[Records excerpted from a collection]
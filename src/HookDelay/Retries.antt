-- ===== src/HookDelay/Retries.antt =====
-- How often the action is started again: lib/utils/action-hook-delay.js.
use jambonz_feature_server.HookDelay.State.{
  Verb, Event, Resolver, Processor, say, play, other, missing, giveup, giveup_with_tasks,
  killed_audio, killed_play, started, unset, clears, resolves,
}
use jambonz_feature_server.HookDelay.Timers.{
  play_action, next_action, arm_no_response, start, disarm, clear, log, await_resolver, stop,
  stop_after_kill, on_no_response_timer, exec_failed, on_playback_start, play_action, next_action,
  restarts, playback_stopped, call_times, on_playback_stop, on_give_up_timer,
}
use jambonz_feature_server.Prelude.{
  ℕ, zero, suc, ◌+◌, ◌≤◌, Bool, true, false, Option, none, some, List, [], ◌∷◌, ◌++◌, ltb, length,
  if◌then◌else◌, ◌≡◌, refl, sym, ap, ◌∙◌, arith, if-cases,
}
use jambonz_feature_server.HookDelay.Turns.{
  Op, timer, give_up, playback_start, playback_stop, failed, stopping, killed, mem, step, run,
  count_started, allowed, Turns, HasTurns, Turns-fewer, Turns-arm, Turns-fire, length-disarm,
  length-disarm-mem, clear-le, append-started, append-quiet,
}

exec_failed-HasTurns : (n : ℕ) (p : Processor) → HasTurns n p → HasTurns n (exec_failed p)
unfolding exec_failed HasTurns allowed
exec_failed-HasTurns n p h =
    if-cases (HasTurns n) p.ep _ _
      (λ _. Turns-fewer n _ _ _ _ p.listeners 0 _ _ (omega arith) (omega arith) refl h) (λ _. h)

stop-HasTurns : (n : ℕ) (p : Processor) → HasTurns n p → HasTurns n (stop p).0
unfolding stop await_resolver HasTurns allowed count_started
stop-HasTurns n p h = go p.task_in_progress
  where
    fewer :
        (d : ℕ)
        → d ≡ count_started p.out
        → Turns n
            (length (clear p.no_response_timer p.no_response_armed))
            d
            p.listeners
            p.retry_count
            (allowed p)
    fewer d e =
        Turns-fewer n _ _ _ _ _ _ _ _ (clear-le p.no_response_timer p.no_response_armed)
          (omega arith) e h

    go : (o : Option Verb) → HasTurns n (stop (record p { task_in_progress = o })).0
    go none = fewer _ refl
    go (some play) = fewer _ (append-quiet p.out killed_play refl)
    go (some say) = fewer _ refl
    go (some other) = fewer _ refl
    go (some missing) = fewer _ refl

quiet-HasTurns :
    (n : ℕ) (e : Event) (p : Processor)
    → count_started (e ∷ []) ≡ 0
    → HasTurns n p
    → HasTurns n (log e p)
unfolding HasTurns allowed
quiet-HasTurns n e p quiet h =
    Turns-fewer n _ _ _ _ _ _ _ _ (omega arith) (omega arith) (append-quiet p.out e quiet) h

on_playback_start-HasTurns :
    (n : ℕ) (p : Processor) → HasTurns n p → HasTurns n (on_playback_start p)
unfolding on_playback_start count_started
on_playback_start-HasTurns n p h =
    if-cases (HasTurns n) p.active _ _ (λ _. h)
      (λ _. if-cases (HasTurns n) p.ep _ _ (λ _. quiet-HasTurns n killed_audio p refl h) (λ _. h))

restarts-allowed : (p : Processor) → restarts p ≡ true → suc p.retry_count ≤ allowed p
unfolding allowed
restarts-allowed p h = ground arith

playback_stopped-HasTurns :
    (n : ℕ) (p : Processor)
    → length p.no_response_armed + p.listeners ≤ 0
    → HasTurns n p
    → HasTurns n (playback_stopped p)
unfolding playback_stopped HasTurns allowed
playback_stopped-HasTurns n p free h = go p.say_resolver
  where
    go : (r : Resolver) → HasTurns n (playback_stopped (record p { say_resolver = r }))
    go unset =
        if-cases (HasTurns n) (restarts p) _ _
          (λ r. Turns-arm n _ _ _ _ _ free (restarts-allowed p r) h) (λ _. h)
    go clears = h
    go resolves = h

on_playback_stop-HasTurns : (n : ℕ) (p : Processor) → HasTurns n p → HasTurns n (on_playback_stop p)
unfolding on_playback_stop HasTurns Turns allowed
on_playback_stop-HasTurns n p (a, b, c, d) = go p.listeners (omega arith)
  where
    q : Processor
    q = record p { listeners = 0 }

    go : (k : ℕ) → length p.no_response_armed + k ≤ 1 → HasTurns n (call_times k q)
    go zero le = (a, omega arith, c, d)
    go (suc zero) le = playback_stopped-HasTurns n q (omega arith) (a, omega arith, c, d)
    go (suc (suc k)) le = absurd (omega arith)

stop_after_kill-HasTurns : (n : ℕ) (p : Processor) → HasTurns n p → HasTurns n (stop_after_kill p)
unfolding stop_after_kill await_resolver HasTurns allowed
stop_after_kill-HasTurns n p h = h

on_give_up_timer-HasTurns :
    (n t : ℕ) (p : Processor) → HasTurns n p → HasTurns n (on_give_up_timer t p)
unfolding on_give_up_timer count_started HasTurns allowed
on_give_up_timer-HasTurns n t p h =
    let q = record p { active = false; give_up_armed = disarm t p.give_up_armed } in
    if-cases (HasTurns n) p.give_up_actions _ _ (λ _. quiet-HasTurns n giveup_with_tasks q refl h)
      (λ _. quiet-HasTurns n giveup (stop q).0 refl (stop-HasTurns n q h))

on_no_response_timer-HasTurns :
    (n t : ℕ) (made : Bool) (p : Processor)
    → mem t p.no_response_armed ≡ true
    → HasTurns n p
    → HasTurns n (on_no_response_timer made t p)
unfolding on_no_response_timer HasTurns allowed count_started
on_no_response_timer-HasTurns n t made p armed h =
    if-cases (HasTurns n) p.ep _ _ (λ _. plays (next_action p.actions p.retry_count)) (λ _. idle)
  where
    idle :
        Turns n
          (length (disarm t p.no_response_armed))
          (count_started p.out)
          p.listeners
          p.retry_count
          (allowed p)
    idle = Turns-fewer n _ _ _ _ _ _ _ _ (length-disarm t p.no_response_armed) (omega arith) refl h

    fires :
        (v : Verb)
        → Turns n
            (length (disarm t p.no_response_armed))
            (count_started (p.out ++ started v ∷ []))
            (suc p.listeners)
            (suc p.retry_count)
            (allowed p)
    fires v =
        Turns-fire n _ _ _ _ _ _ _ (sym (length-disarm-mem t p.no_response_armed armed))
          (append-started p.out (started v) 1 refl ∙ omega arith) h

    plays :
        (o : Option Verb)
        → HasTurns n (
            play_action made o (record p {
              no_response_timer = none;
              no_response_armed = disarm t p.no_response_armed;
            }))
    plays none = idle
    plays (some v) = if-cases (HasTurns n) made _ _ (λ _. fires v) (λ _. idle)

step-HasTurns : (n : ℕ) (op : Op) (p : Processor) → HasTurns n p → HasTurns n (step op p)
unfolding step
step-HasTurns n (timer made t) p h =
    if-cases (HasTurns n) (mem t p.no_response_armed) _ _
      (λ armed. on_no_response_timer-HasTurns n t made p armed h) (λ _. h)
step-HasTurns n (give_up t) p h =
    if-cases (HasTurns n) (mem t p.give_up_armed) _ _ (λ _. on_give_up_timer-HasTurns n t p h)
      (λ _. h)
step-HasTurns n playback_start p h = on_playback_start-HasTurns n p h
step-HasTurns n playback_stop p h = on_playback_stop-HasTurns n p h
step-HasTurns n failed p h = exec_failed-HasTurns n p h
step-HasTurns n stopping p h = stop-HasTurns n p h
step-HasTurns n killed p h = stop_after_kill-HasTurns n p h

run-HasTurns : (n : ℕ) (ops : List Op) (p : Processor) → HasTurns n p → HasTurns n (run ops p)
unfolding run
run-HasTurns n [] p h = h
run-HasTurns n (op ∷ ops) p h = run-HasTurns n ops (step op p) (step-HasTurns n op p h)

allowed_some : (p : Processor) → 1 ≤ allowed p
unfolding allowed
allowed_some p = ground arith

-- What a processor is before its first start.
unfoldable pub IsFresh : Processor → Type 0
IsFresh p = p.active ≡ false × p.no_response_armed ≡ [] × p.listeners ≡ 0 × p.out ≡ []

Turns-first : (a d l m : ℕ) → a + l ≤ 1 → d ≡ 0 → 1 ≤ m → Turns m a d l 0 m
unfolding Turns
Turns-first a d l m p q r = (omega arith, p, q, refl)

start-HasTurns : (p : Processor) → IsFresh p → HasTurns (allowed p) (start p)
unfolding IsFresh start HasTurns allowed count_started
start-HasTurns p (idle, unarmed, unheard, silent) =
    if-cases (HasTurns (allowed p)) p.active _ _ (λ active. cc)
      (λ _.
        if-cases (HasTurns (allowed p)) (ltb 0 p.no_response_give_up_timeout) _ _ (λ _. armed)
          (λ _. armed))
  where
    first :
        (a : ℕ)
        → a ≤ suc (length p.no_response_armed)
        → Turns (allowed p) a (count_started p.out) p.listeners 0 (allowed p)
    first a le =
        let none_armed = ap length unarmed in
        Turns-first a _ _ _ (omega arith) (ap count_started silent) (allowed_some p)

    q : Processor
    q = record p { active = true; retry_count = 0 }

    armed : HasTurns (allowed p) (if ltb 0 p.no_response_timeout then arm_no_response q else q)
    armed =
        if-cases (HasTurns (allowed p)) (ltb 0 p.no_response_timeout) _ _
          (λ _. first _ (omega arith)) (λ _. first _ (omega arith))

HasTurns-few : (n : ℕ) (p : Processor) → HasTurns n p → count_started p.out ≤ n
unfolding HasTurns Turns
HasTurns-few n p (a, b, c, d) = omega arith

-- From the start of a processor that is not active, has no listener and no timer armed and emitted
-- nothing, after any list of events before the next start, the actions that were started are at
-- most `retries`, or one if that is 0.
pub run_starts_few :
    (ops : List Op) (p : Processor) → IsFresh p → count_started (run ops (start p)).out ≤ allowed p
run_starts_few ops p h = HasTurns-few _ _ (run-HasTurns _ ops _ (start-HasTurns p h))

What the task asks: Output, from the data above, the lines from the line with "unfolding Turns" to the line with "-- nothing, after" exactly as they stand, both ends included and nothing else.

Expected answer:
unfolding Turns
Turns-first a d l m p q r = (omega arith, p, q, refl)

start-HasTurns : (p : Processor) → IsFresh p → HasTurns (allowed p) (start p)
unfolding IsFresh start HasTurns allowed count_started
start-HasTurns p (idle, unarmed, unheard, silent) =
    if-cases (HasTurns (allowed p)) p.active _ _ (λ active. cc)
      (λ _.
        if-cases (HasTurns (allowed p)) (ltb 0 p.no_response_give_up_timeout) _ _ (λ _. armed)
          (λ _. armed))
  where
    first :
        (a : ℕ)
        → a ≤ suc (length p.no_response_armed)
        → Turns (allowed p) a (count_started p.out) p.listeners 0 (allowed p)
    first a le =
        let none_armed = ap length unarmed in
        Turns-first a _ _ _ (omega arith) (ap count_started silent) (allowed_some p)

    q : Processor
    q = record p { active = true; retry_count = 0 }

    armed : HasTurns (allowed p) (if ltb 0 p.no_response_timeout then arm_no_response q else q)
    armed =
        if-cases (HasTurns (allowed p)) (ltb 0 p.no_response_timeout) _ _
          (λ _. first _ (omega arith)) (λ _. first _ (omega arith))

HasTurns-few : (n : ℕ) (p : Processor) → HasTurns n p → count_started p.out ≤ n
unfolding HasTurns Turns
HasTurns-few n p (a, b, c, d) = omega arith

-- From the start of a processor that is not active, has no listener and no timer armed and emitted
-- nothing, after any list of events before the next start, the actions that were started are at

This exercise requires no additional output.